Another aspect of respecting and being grateful for our food is teaching children that everyone has their own food preferences.

We can say:

“Isn’t it funny, how one person can like something, and another person doesn’t? Everyone’s tastebuds are so different!”
“Which food is your favorite?”
“Everybody likes different foods, don’t they?
5.Coercion vs. encouragement:
Part of eating healthy is being open to new foods. To help children expand their palate we want to avoid saying:
“Just try it! You will like it!”
“What is the big deal?”
“See, it didn’t taste so bad!”
Pushing children to do something they don’t want to do, usually ensures that they will dig their heels in, even more.
It’s better to say:
“You tried it even though you weren’t sure…”
“Trying new foods can be challenging…you did it…”
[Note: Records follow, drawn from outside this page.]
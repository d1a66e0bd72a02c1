-- ===== src/Media/RtpUtil/Hex.antt =====
-- media/rtputil.cpp, `octet_string_hex_string`: what it leaves in its buffer of 1024 bytes.
use webrtc_snippets.Common.{
  ℕ, zero, suc, ◌+◌, ◌-◌, ◌*◌, ◌/◌, ◌%◌, ◌≤◌, ◌<◌, ◌≡◌, inl, inr, refl, sym, ap, ◌∙◌, arith, false,
  none, some, [], ◌∷◌, ◌++◌, append-nil, append_assoc, ltb, if◌then◌else◌, length, take, Bool-cases,
  length-append, length-take, ltb→lt, lt→ltb,
}
use webrtc_snippets.Common.Bytes.{Bytes}
use webrtc_snippets.Media.RtpUtil.{
  max_log_msg_len, nibble_to_hex_char, push_char, hex_loop, octet_string_hex_string,
}

-- Two digits for each byte.
abbrev pub hex_text : Bytes → Bytes
hex_text [] = []
hex_text (c ∷ str) = nibble_to_hex_char (c / 16) ∷ nibble_to_hex_char (c % 16) ∷ hex_text str

pub length-hex_text : (str : Bytes) → length (hex_text str) ≡ length str * 2
length-hex_text [] = refl
length-hex_text (c ∷ str) = omega (arith, length-hex_text str)

push_char_room :
    (written : Bytes) (c : ℕ)
    → length written < max_log_msg_len
    → push_char written c ≡ some (written ++ c ∷ [])
unfolding push_char
push_char_room written c p = ground (arith, p)

-- One round of the loop.
hex_loop_next :
    (fuel limit c : ℕ) (str written : Bytes)
    → length written < limit
    → length written + 2 ≤ max_log_msg_len
    → hex_loop (suc fuel) limit (c ∷ str) written
      ≡ hex_loop fuel limit str
          (written ++ nibble_to_hex_char (c / 16) ∷ nibble_to_hex_char (c % 16) ∷ [])
unfolding hex_loop
hex_loop_next fuel limit c str written p q =
    let high = nibble_to_hex_char (c / 16) in
    let low = nibble_to_hex_char (c % 16) in
    let size = length-append written (high ∷ []) in
    rw
      (
        lt→ltb (length written) limit p,
        push_char_room written high (omega arith),
        push_char_room (written ++ high ∷ []) low (omega arith),
        append_assoc written (high ∷ []) (low ∷ []),
      )
      refl

hex_loop_end :
    (fuel limit : ℕ) (str written : Bytes)
    → limit ≤ length written
    → hex_loop fuel limit str written ≡ some written
unfolding hex_loop
hex_loop_end zero limit str written p = refl
hex_loop_end (suc fuel) limit str written p = ground (arith, p)

-- `k` rounds end the loop.
hex_loop-hex_text :
    (k fuel limit : ℕ) (str written : Bytes)
    → k ≤ length str
    → k < fuel
    → length written + k * 2 ≤ max_log_msg_len
    → limit ≤ length written + k * 2
    → length written + k * 2 < limit + 2
    → hex_loop fuel limit str written ≡ some (written ++ hex_text (take k str))
hex_loop-hex_text zero fuel limit str written p q r s t =
    hex_loop_end fuel limit str written (omega arith) ∙ ap some (sym (append-nil written))
hex_loop-hex_text (suc k) zero limit str written p q r s t = absurd (omega arith)
hex_loop-hex_text (suc k) (suc fuel) limit [] written p q r s t = absurd (omega arith)
hex_loop-hex_text (suc k) (suc fuel) limit (c ∷ str) written p q r s t =
    let digits = nibble_to_hex_char (c / 16) ∷ nibble_to_hex_char (c % 16) ∷ [] in
    let size = length-append written digits in
    hex_loop_next fuel limit c str written (omega arith) (omega arith)
    ∙ hex_loop-hex_text k fuel limit str (written ++ digits) (omega arith) (omega arith)
        (omega arith) (omega arith) (omega arith)
    ∙ ap some (append_assoc written digits (hex_text (take k str)))

pub le→ltb : (a b : ℕ) → b ≤ a → ltb a b ≡ false
le→ltb a b p = ground arith

limit_near :
    (n : ℕ)
    → 512 ≤ n
    → (1023 ≤ (if ltb max_log_msg_len (n * 2) then max_log_msg_len - 1 else n * 2))
      × ((if ltb max_log_msg_len (n * 2) then max_log_msg_len - 1 else n * 2) ≤ 1024)
limit_near n p = ground arith

-- From 512 bytes on the loop fills the buffer.
hex_loop_full :
    (limit : ℕ) (str : Bytes)
    → 512 ≤ length str
    → 1023 ≤ limit
    → limit ≤ 1024
    → hex_loop (suc limit) limit str [] ≡ some (hex_text (take 512 str))
hex_loop_full limit str p q r =
    hex_loop-hex_text 512 (suc limit) limit str [] p (omega arith) (omega arith) (omega arith)
      (omega arith)

-- The text of a memory that has the bytes asked for: two digits for each byte, where these are at
-- most 511. From 512 bytes on the NUL behind the digits is written outside of the buffer, although
-- the length is cut down there.
pub octet_string_hex_string_cases :
    (str : Bytes) (n : ℕ)
    → n ≤ length str
    → octet_string_hex_string str n ≡ (if ltb n 512 then some (hex_text (take n str)) else none)
unfolding octet_string_hex_string push_char
octet_string_hex_string_cases str n p = elim (Bool-cases (ltb n 512)) [
  | inl small ↦
      let size = length-hex_text (take n str) in
      let taken = length-take n str in
      let few : n < 512 = ltb→lt n 512 small in
      let whole : ltb max_log_msg_len (n * 2) ≡ false = ground arith in
      rw
        (
          small,
          whole,
          hex_loop-hex_text n (suc (n * 2)) (n * 2) str [] p (omega arith) (omega arith)
              (omega arith) (omega arith),
          lt→ltb (length (hex_text (take n str))) max_log_msg_len (omega arith),
        )
        refl
  | inr big ↦
      let size = length-hex_text (take 512 str) in
      let taken = length-take 512 str in
      let many : 512 ≤ n = ground (arith, big) in
      let limit = if ltb max_log_msg_len (n * 2) then max_log_msg_len - 1 else n * 2 in
      let (near, below) = limit_near n many in
      rw
        (
          big,
          hex_loop_full limit str (omega arith) near below,
          le→ltb (length (hex_text (take 512 str))) max_log_msg_len (omega arith),
        )
        refl
]
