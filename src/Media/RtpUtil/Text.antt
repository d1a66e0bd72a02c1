-- ===== src/Media/RtpUtil/Text.antt =====
-- media/rtputil.cpp, `dump_rtp_packet`: the text of a packet that fits into its buffer.
use webrtc_snippets.Common.{
  ℕ, ◌+◌, ◌-◌, ◌*◌, ◌%◌, ◌≤◌, ◌<◌, ◌≡◌, inl, inr, refl, ◌∙◌, arith, some, [], ◌++◌, append_assoc,
  ltb, if◌then◌else◌, length, drop, take, Bool-cases, length-append, take_all, length-take,
  length-drop, ltb→lt, lt→ltb,
}
use webrtc_snippets.Common.Bytes.{Bytes, codes}
use webrtc_snippets.Common.Bytes.Digits.{decimal_digits, to_decimal}
use webrtc_snippets.Common.Arrays.{nth, get_elem?-nth}
use webrtc_snippets.Media.RtpUtil.{
  max_log_msg_len, octet_string_hex_string, rtp_header_extension_length, Log, empty_log, snprintf,
  rtp_line, tailer_len, ends_of, whole_of, dump_rtp_packet,
}
use webrtc_snippets.Media.RtpUtil.Fields.{
  AreBytes, word, long, load16-word, word-lt, load32-long, long-lt, length-rtp_line,
}
use webrtc_snippets.Media.RtpUtil.Hex.{
  le→ltb, hex_text, length-hex_text, octet_string_hex_string_cases,
}

snprintf_fits :
    (written new : Bytes)
    → length written + length new < max_log_msg_len
    → snprintf (record { written = written; at = length written }) new
      ≡ some (record { written = written ++ new; at = length (written ++ new) })
unfolding snprintf
snprintf_fits written new p =
    let size = length-append written new in
    rw
      (
        le→ltb max_log_msg_len (length written) (omega arith),
        take_all (max_log_msg_len - 1 - length written) new (omega arith),
        size,
      )
      refl

-- What is printed behind the line: the two ends of a long packet, or all of a packet.
abbrev pub front_text : Bytes → ℕ → Bytes
front_text packet ext = codes "hdr_ext: " ++ (hex_text (take ext packet) ++ codes ", ")

abbrev pub back_text : Bytes → ℕ → Bytes
back_text packet n =
    codes "tailer: "
    ++ (hex_text (take tailer_len (drop (n - tailer_len) packet)) ++ codes ", tailer_len=64")

abbrev pub packet_text : Bytes → ℕ → ℕ → Bytes
packet_text packet ext n =
    if ltb (ext + tailer_len) n
    then front_text packet ext ++ back_text packet n
    else codes "packet: " ++ hex_text (take n packet)

abbrev pub rtp_text : Bytes → ℕ → ℕ → Bytes
rtp_text packet ext n =
    rtp_line (long packet 8) (word packet 2) (nth packet 1 % 128) (long packet 4) ext n
    ++ packet_text packet ext n

-- A header of at most 320 bytes leaves room for what is printed.
abbrev pub longest_header : ℕ
longest_header = 320

hex_short :
    (str : Bytes) (n : ℕ)
    → n ≤ length str
    → n < 512
    → octet_string_hex_string str n ≡ some (hex_text (take n str))
hex_short str n p q = octet_string_hex_string_cases str n p ∙ rw (lt→ltb n 512 q) refl

tailer_digits : codes ", tailer_len=" ++ to_decimal tailer_len ≡ codes ", tailer_len=64"
unfolding to_decimal decimal_digits
tailer_digits = refl

abbrev after : Bytes → Log
after written = record { written = written; at = length written }

length-hex_take : (n : ℕ) (str : Bytes) → length (hex_text (take n str)) ≤ n * 2
length-hex_take n str =
    let size = length-hex_text (take n str) in let taken = length-take n str in omega arith

length-front_text : (packet : Bytes) (ext : ℕ) → length (front_text packet ext) ≤ 11 + ext * 2
length-front_text packet ext =
    let size = length-hex_take ext packet in simp length-append (omega arith)

length-back_text : (packet : Bytes) (n : ℕ) → length (back_text packet n) ≤ 151
length-back_text packet n =
    let size = length-hex_take tailer_len (drop (n - tailer_len) packet) in
    simp length-append (omega arith)

module _ (packet line : Bytes) (ext n : ℕ) (sized : n ≤ length packet)
    (short : ext ≤ longest_header) (few : length line ≤ 220) where
  ends_of-text :
      ext + tailer_len < n
      → ends_of (after line) packet ext n
        ≡ some (after (line ++ (front_text packet ext ++ back_text packet n)))
  ends_of-text p =
      let a = length-front_text packet ext in
      let b = length-back_text packet n in
      let rest = length-drop (n - tailer_len) packet in
      let size = length-append line (front_text packet ext) in
      rw
        (
          hex_short packet ext (omega arith) (omega arith),
          snprintf_fits line (front_text packet ext) (omega arith),
          hex_short (drop (n - tailer_len) packet) tailer_len (omega arith) (omega arith),
          tailer_digits,
          snprintf_fits (line ++ front_text packet ext) (back_text packet n) (omega arith),
          append_assoc line (front_text packet ext) (back_text packet n),
        )
        refl

  whole_of-text :
      n ≤ ext + tailer_len
      → whole_of (after line) packet n
        ≡ some (after (line ++ (codes "packet: " ++ hex_text (take n packet))))
  whole_of-text p =
      let size = length-hex_take n packet in
      let all = length-append (codes "packet: ") (hex_text (take n packet)) in
      rw
        (
          hex_short packet n sized (omega arith),
          snprintf_fits line (codes "packet: " ++ hex_text (take n packet)) (omega arith),
        )
        refl

  rest-text :
      (if ltb (ext + tailer_len) n
        then ends_of (after line) packet ext n
        else whole_of (after line) packet n)
      ≡ some (after (line ++ packet_text packet ext n))
  rest-text = elim (Bool-cases (ltb (ext + tailer_len) n)) [
    | inl long ↦ rw long (ends_of-text (ltb→lt (ext + tailer_len) n long))
    | inr small ↦ rw small (whole_of-text (ground (arith, small)))
  ]

-- The text of a packet whose header, with its extension, has at most 320 bytes: the fields of the
-- header, and the packet in hexadecimal digits, of a long packet just the header and the last 64
-- bytes. The packet has the bytes asked for, and more than twelve.
pub dump_rtp_packet-rtp_text :
    (packet : Bytes) (ext n : ℕ)
    → AreBytes packet
    → 12 < n
    → n ≤ length packet
    → n < 4294967296
    → rtp_header_extension_length packet ≡ some ext
    → ext ≤ longest_header
    → dump_rtp_packet packet n ≡ some (rtp_text packet ext n)
unfolding dump_rtp_packet
dump_rtp_packet-rtp_text packet ext n v more sized few e short =
    let line =
      rtp_line (long packet 8) (word packet 2) (nth packet 1 % 128) (long packet 4) ext n in
    let size =
      length-rtp_line (long packet 8) (word packet 2) (nth packet 1 % 128) (long packet 4) ext n
        (long-lt packet 8 v) (word-lt packet 2 v) (omega arith) (long-lt packet 4 v) (omega arith)
        few in
    let first : snprintf empty_log line ≡ some (after line) = snprintf_fits [] line (omega arith) in
    rw
      (
        e,
        load32-long packet 8 (omega arith),
        load16-word packet 2 (omega arith),
        get_elem?-nth packet 1 (omega arith),
        load32-long packet 4 (omega arith),
        first,
        rest-text packet line ext n sized short size,
      )
      refl
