-- ===== src/Media/UdpServer.antt =====
-- media/udpserver.cpp: the loop of `main`, which prints and dumps the packets that arrive. A
-- datagram, or an error of `recvfrom`, is one round. The socket, which delivers them, and the
-- arguments of the process are parameters; a count of packets below zero is 0 here. A result is
-- `none` where the text of a packet is written outside of its buffer.
pub mod Dump
pub mod Parsed
use webrtc_snippets.Common.{
  ℕ, zero, suc, ◌+◌, ◌-◌, ◌*◌, ◌/◌, ◌%◌, ◌^◌, ◌≤◌, ◌<◌, ◌≡◌, ◌≢◌, ◌↔◌, ◌⊎◌, inl, inr, refl, sym, ap,
  ◌∙◌, subst, arith, tests, Bool, true, false, not, ◌&&◌, ◌||◌, Option, none, some, List, [], ◌∷◌,
  ◌++◌, map, append-nil, append_assoc, ◌==◌, ltb, leb, if◌then◌else◌, is_empty, length, get_elem?,
  drop, take, All, Bool-cases, Option-cases, guard, ◌>>=◌, ◌>>◌, >>=-eq-some, along_some, along_if,
  if_true, if_cases, ==_refl, ==_ne, ==_iff, length-append, take-append-drop, take-length,
  drop-length, drop-length_next, drop-add, drop-length-add, get_elem?-append, is_empty-append,
  is_empty-append_cons, take_all, All-append, length-take, length-drop, ltb→lt, lt→ltb, leb→le,
  replicate, is_none, every, every-lt,
}
use webrtc_snippets.Common.Bytes.{
  Bytes, concat, overwrite, codes, Avoids, find_byte, find_byte_from, find_text, starts_with,
  substr, equal, equal_iff, equal_refl,
}
use webrtc_snippets.Common.Bytes.Find.{
  find_byte-append, find_byte-Avoids, find_byte_cases, find_byte_from-append, find_text-Avoids,
  find_text-none,
}
use webrtc_snippets.Media.RtpUtil.{dump_rtp_packet, dump_rtp_to_file}

abbrev pub buflen : ℕ
buflen = 5120

-- The locals of `main`: the buffer, the packets still wanted, those received, what was printed of
-- them and what was written to the file, which is complete when `main` returns, but not when the
-- process has `exited` before that.
pub record UdpServer : Type 0 where
  pub buf : Bytes
  pub n_count : ℕ
  pub pkt_count : ℕ
  pub printed : List Bytes
  pub ofs : Bytes
  pub exited : Bool

-- A packet that was received: those of at most twelve bytes are passed over.
unfoldable pub on_packet : UdpServer → ℕ → Option UdpServer
on_packet s pkt_size =
    if ltb 12 pkt_size
    then (do
      text ← dump_rtp_packet s.buf pkt_size
      (stream, done) ← dump_rtp_to_file s.buf pkt_size (some s.ofs)
      file ← stream
      some (record s { n_count = s.n_count - 1; printed = s.printed ++ text ∷ []; ofs = file }))
    else some s

-- `recvfrom` keeps the front of a datagram that is too long for the buffer.
unfoldable pub on_receive : UdpServer → Option Bytes → Option UdpServer
on_receive s none = some (record s { exited = true })
on_receive s (some datagram) =
    let got = take buflen datagram in
    on_packet (record s { buf = overwrite 0 got s.buf; pkt_count = s.pkt_count + 1 }) (length got)

-- The loop, as far as the datagrams go.
unfoldable pub run : UdpServer → List (Option Bytes) → Option UdpServer
run s [] = some s
run s (received ∷ later) =
    if s.n_count == 0 || s.exited then some s else (on_receive s received >>= λ t. run t later)

-- `garbage` is what the buffer happens to hold, `file` what the dump has already, to which is
-- appended.
abbrev pub initial : Bytes → Bytes → ℕ → UdpServer
initial garbage file count = record {
  buf = garbage;
  n_count = count;
  pkt_count = 0;
  printed = [];
  ofs = file;
  exited = false;
}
Making independent choices:
Healthy eating is integral to our well-being. Children need to be able to make good decisions about their food, even when we are not there.
I always recommend using the following phrases to promote independence overall:
“You know what’s right for you.”
“You know how to make good decisions.”
They teach kids to look into themselves and recognize, they can use good judgment. We can apply them to food choices:
“You know what food are right for you.”
“You know how to make good decisions about what to eat for dinner…”
“You made some healthy food choices.”

Mind your own hunger:

We also want to help children take ownership over their food intake, listening to the hunger and satiation signals of their body.

We can say:
“Is your stomach telling you that you’re full?”
“Is your stomach still making its hungry growling noise?”
“Has your tummy had enough?”
The most important phrase of all:
Many of the phrases mentioned above can help parents avoid power struggles over food, but the one that really does the trick is this:
“You don’t have to eat it…”
When children sense that we want to control what they eat, they rebel big time. Short of force feeding, we hold little sway over what they put in their mouths. The fact is children are more likely to eat when there is no pressure to do so.
Serving family style, where children get to pick their food themselves from a variety of foods, can also relieve some of the pressure associated with picky eating.

Stress-free meals:
We can even take it one step further and say:
“You can choose to eat your dessert before or after dinner.”
According to Natalia Stenasko, in her article “5 Phrases That Bring Peace to Mealtimes”:
“Presenting the dessert along with the rest of dinner seems contrary to all of our nutritional beliefs. In reality, this is a great way to take the “magic” away from dessert. Using dessert as a reward has proven to be counterproductive in teaching children to like other food. Showing the dessert upfront also relays to the child that dessert will happen no matter what they eat for dinner. Again, autonomy is very important. Don’t fret if they eat dessert before dinner the first few times. If you get the serving size right (think one chocolate chip cookie), they will be still hungry for dinner after eating it. And don’t forget, fruit also makes excellent dessert!”
Helping children make healthy choices about food is within reach. I hope these phrases can help you do just that.